If you use PyBlosxom, and you use compact_comments.sh to compact your comment files, and you ever need to reverse the process to get back to one file per comment – for example, if you’re importing them into WordPress – here’s how.
Following these instructions, all comments in *-all.cmt
files will be
extracted to *-[TIMESTAMP].cmt
files, where [TIMESTAMP]
is the comment’s
UNIX timestamp in seconds since the epoch.

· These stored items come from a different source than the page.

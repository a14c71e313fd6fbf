-- ===== src/Sockets/Sound.antt =====
-- internal/service/websocket_manager.go: no connection outlives its session, and the semaphore counts
-- the handlers.
use mathlib.Core.Path.{subst}
use neo_nect_server.Base.{
  ℕ, suc, ◌+◌, ◌≤◌, ◌<◌, ◌≡◌, ◌≢◌, ◌⊎◌, inl, inr, true, ◌||◌, Option, none, some, String, List,
  arith, ltb, ◌==◌, nat_eq, string_eq, nat_beq_iff, Bool-cases, Option-cases, any, length, Assoc,
  lookup, Distinct, lookup-insert, lookup-remove, insert-Distinct, remove-Distinct,
  length-insert_new, some-injective,
}
use neo_nect_server.Sockets.{
  Manager, is_closed, acquire, upgrade_failed, replaced, install, is_session_of, forget, close,
}

-- The connection is closed, or about to be by `Shutdown`.
abbrev pub IsLeaving : ℕ → Manager → Type 0
IsLeaving conn m = (any (λ c. c == conn) m.closing || is_closed conn m) ≡ true

-- The semaphore counts the handlers, within its capacity; the session of a device has a handler; and
-- a connection that a handler reads is the session of its device, or leaves.
pub record IsSound (max : ℕ) (m : Manager) : Type 0 where
  pub held : m.conn_sem ≡ m.upgrading + length m.serving
  pub bounded : m.conn_sem ≤ max
  pub one_session : Distinct m.active_sessions
  pub one_handler : Distinct m.serving
  pub numbered : (conn : ℕ) (d : String) → lookup conn m.serving ≡ some d → conn < m.next
  pub served :
      (d : String) (conn : ℕ)
      → lookup d m.active_sessions ≡ some conn
      → lookup conn m.serving ≡ some d
  pub leaving :
      (conn : ℕ) (d : String)
      → lookup conn m.serving ≡ some d
      → (lookup d m.active_sessions ≡ some conn) ⊎ IsLeaving conn m

pub close-IsSound : (max conn : ℕ) (m : Manager) → IsSound max m → IsSound max (close conn m)
unfolding close any
close-IsSound max conn m s = record {
  held = s.held;
  bounded = s.bounded;
  one_session = s.one_session;
  one_handler = s.one_handler;
  numbered = s.numbered;
  served = s.served;
  leaving = λ c d h. elim (s.leaving c d h) [ inl live ↦ inl live | inr gone ↦ inr (ground arith) ];
}

pub acquire-IsSound :
    (max : ℕ) (m m' : Manager) → IsSound max m → acquire max m ≡ some m' → IsSound max m'
unfolding acquire
acquire-IsSound max m m' s = elim (Bool-cases (ltb m.conn_sem max)) [
  | inl room ↦ rw room (λ h. subst (IsSound max) (some-injective h) (record {
    held = omega (arith, s.held);
    bounded = ground arith;
    one_session = s.one_session;
    one_handler = s.one_handler;
    numbered = s.numbered;
    served = s.served;
    leaving = s.leaving;
  }))
  | inr full ↦ rw full (λ h. absurd cc)
]

pub upgrade_failed-IsSound :
    (max n : ℕ) (m : Manager) → m.upgrading ≡ suc n → IsSound max m → IsSound max (upgrade_failed m)
unfolding upgrade_failed
upgrade_failed-IsSound max n m u s = record {
  held = omega (arith, s.held, u);
  bounded = omega (arith, s.bounded);
  one_session = s.one_session;
  one_handler = s.one_handler;
  numbered = s.numbered;
  served = s.served;
  leaving = s.leaving;
}

-- What may happen to a session that has to end: its connection leaves.
pub replaced-closed :
    (conn : ℕ) (o : Option ℕ) (closed : List ℕ)
    → o ≡ some conn
    → any (λ c. c == conn) (replaced o closed) ≡ true
unfolding replaced any
replaced-closed conn none closed h = absurd cc
replaced-closed conn (some c) closed h = ground (arith, some-injective h, nat_beq_iff c conn)

replaced-keeps :
    (conn : ℕ) (o : Option ℕ) (closed : List ℕ)
    → any (λ c. c == conn) closed ≡ true
    → any (λ c. c == conn) (replaced o closed) ≡ true
unfolding replaced any
replaced-keeps conn none closed h = h
replaced-keeps conn (some c) closed h = ground arith

pub IsLeaving-replaced :
    (conn : ℕ) (o : Option ℕ) (m : Manager)
    → IsLeaving conn m
    → (any (λ c. c == conn) m.closing || any (λ c. c == conn) (replaced o m.closed)) ≡ true
IsLeaving-replaced conn o m h = ground (arith, replaced-keeps conn o m.closed)

unnumbered : (max : ℕ) (m : Manager) → IsSound max m → lookup m.next m.serving ≡ none
unnumbered max m s = elim (Option-cases (lookup m.next m.serving)) [
  | inl free ↦ free
  | inr (d, taken) ↦ absurd (omega (arith, s.numbered m.next d taken))
]

pub install-IsSound :
    (max n : ℕ) (device_id : String) (m : Manager)
    → m.upgrading ≡ suc n
    → IsSound max m
    → IsSound max (install device_id m)
unfolding install
install-IsSound max n device_id m u s = record {
  held =
      omega (arith, u, s.held, length-insert_new m.next device_id m.serving (unnumbered max m s));
  bounded = s.bounded;
  one_session = insert-Distinct device_id m.next m.active_sessions s.one_session;
  one_handler = insert-Distinct m.next device_id m.serving s.one_handler;
  numbered = λ c d h.
      ground
        (arith, lookup-insert m.next c device_id m.serving, s.numbered c d, nat_beq_iff m.next c);
  served = λ d c h. ground (
    arith,
    lookup-insert device_id d m.next m.active_sessions,
    lookup-insert m.next c device_id m.serving,
    s.served d c,
    s.numbered c d,
    nat_beq_iff m.next c,
    string_eq.same_iff device_id d,
  );
  leaving = λ c d h. ground (
    arith,
    lookup-insert device_id d m.next m.active_sessions,
    lookup-insert m.next c device_id m.serving,
    s.leaving c d,
    nat_beq_iff m.next c,
    string_eq.same_iff device_id d,
    replaced-closed c (lookup device_id m.active_sessions) m.closed,
    IsLeaving-replaced c (lookup device_id m.active_sessions) m,
  );
}

-- What `forget` leaves of the sessions.
pub forget-of :
    (device_id d : String) (conn c : ℕ) (sessions : Assoc String ℕ)
    → Distinct sessions
    → lookup d (forget device_id conn sessions) ≡ some c
    → lookup d sessions ≡ some c
unfolding forget is_session_of
forget-of device_id d conn c sessions one = ground (arith, lookup-remove device_id d sessions one)

pub forget-cases :
    (device_id d : String) (conn c : ℕ) (sessions : Assoc String ℕ)
    → Distinct sessions
    → lookup d sessions ≡ some c
    → (lookup d (forget device_id conn sessions) ≡ some c) ⊎ (c ≡ conn)
unfolding forget is_session_of
forget-cases device_id d conn c sessions one h = ground (
  arith,
  lookup-remove device_id d sessions one,
  string_eq.same_iff device_id d,
  nat_beq_iff c conn,
)

pub forget-gone :
    (device_id : String) (conn : ℕ) (sessions : Assoc String ℕ)
    → Distinct sessions
    → lookup device_id (forget device_id conn sessions) ≢ some conn
unfolding forget is_session_of
forget-gone device_id conn sessions one = ground (
  arith,
  lookup-remove device_id device_id sessions one,
  string_eq.same_iff device_id device_id,
  nat_beq_iff conn conn,
)

pub forget-Distinct :
    (device_id : String) (conn : ℕ) (sessions : Assoc String ℕ)
    → Distinct sessions
    → Distinct (forget device_id conn sessions)
unfolding forget
forget-Distinct device_id conn sessions one =
    elim (Bool-cases (is_session_of conn (lookup device_id sessions))) [
      | inl same ↦ rw same (remove-Distinct device_id sessions one)
      | inr other ↦ rw other one
    ]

First, run these commands:
# escape a few characters: ` and $
sed -i.bak 's/`/\`/g; s/\\$/\$/g;' *-all.cmt
# convert and insert cat > EOFs for each individual comment
sed -i '/^<?xml version="1.0" encoding="utf-8"?>$/d' *-all.cmt
sed -i '/^<items>$/d' *-all.cmt
sed -i '/^<\/items>$/d' *-all.cmt
sed -i 's/^<\/item>$/<\/item>\nEOF\n/' *-all.cmt
sed -i 's/^<item>$/<?xml version="1.0" encoding="utf-8"?>\n<item>/' *-all.cmt
Now, we need to do a multi-line regexp replace across files. Unfortunately, sed can’t do this, so I resorted to Emacs dired-mode’s query-replace-regexp. Other suggestions are welcome! In any case, replace this regexp:
<\?xml version="1.0" encoding="utf-8"\?>
\(.+
\)*<pubDate>\(.+\)</pubDate>
with this:
cat > \2.cmt <<EOF
\&
Finally, evaluate the cat > EOF
commands injected into the -all.cmt
files:
#!/bin/bash
for file in *-all.cmt; do
base=`basename "$file" -all.cmt`
sed -i "s/^cat > /cat > ${base}-/" "$file"
source "$file"
done
Enjoy!
One known bug: if there are multiple comments with the exact same timestamp for a post, this will clobber all but the last one.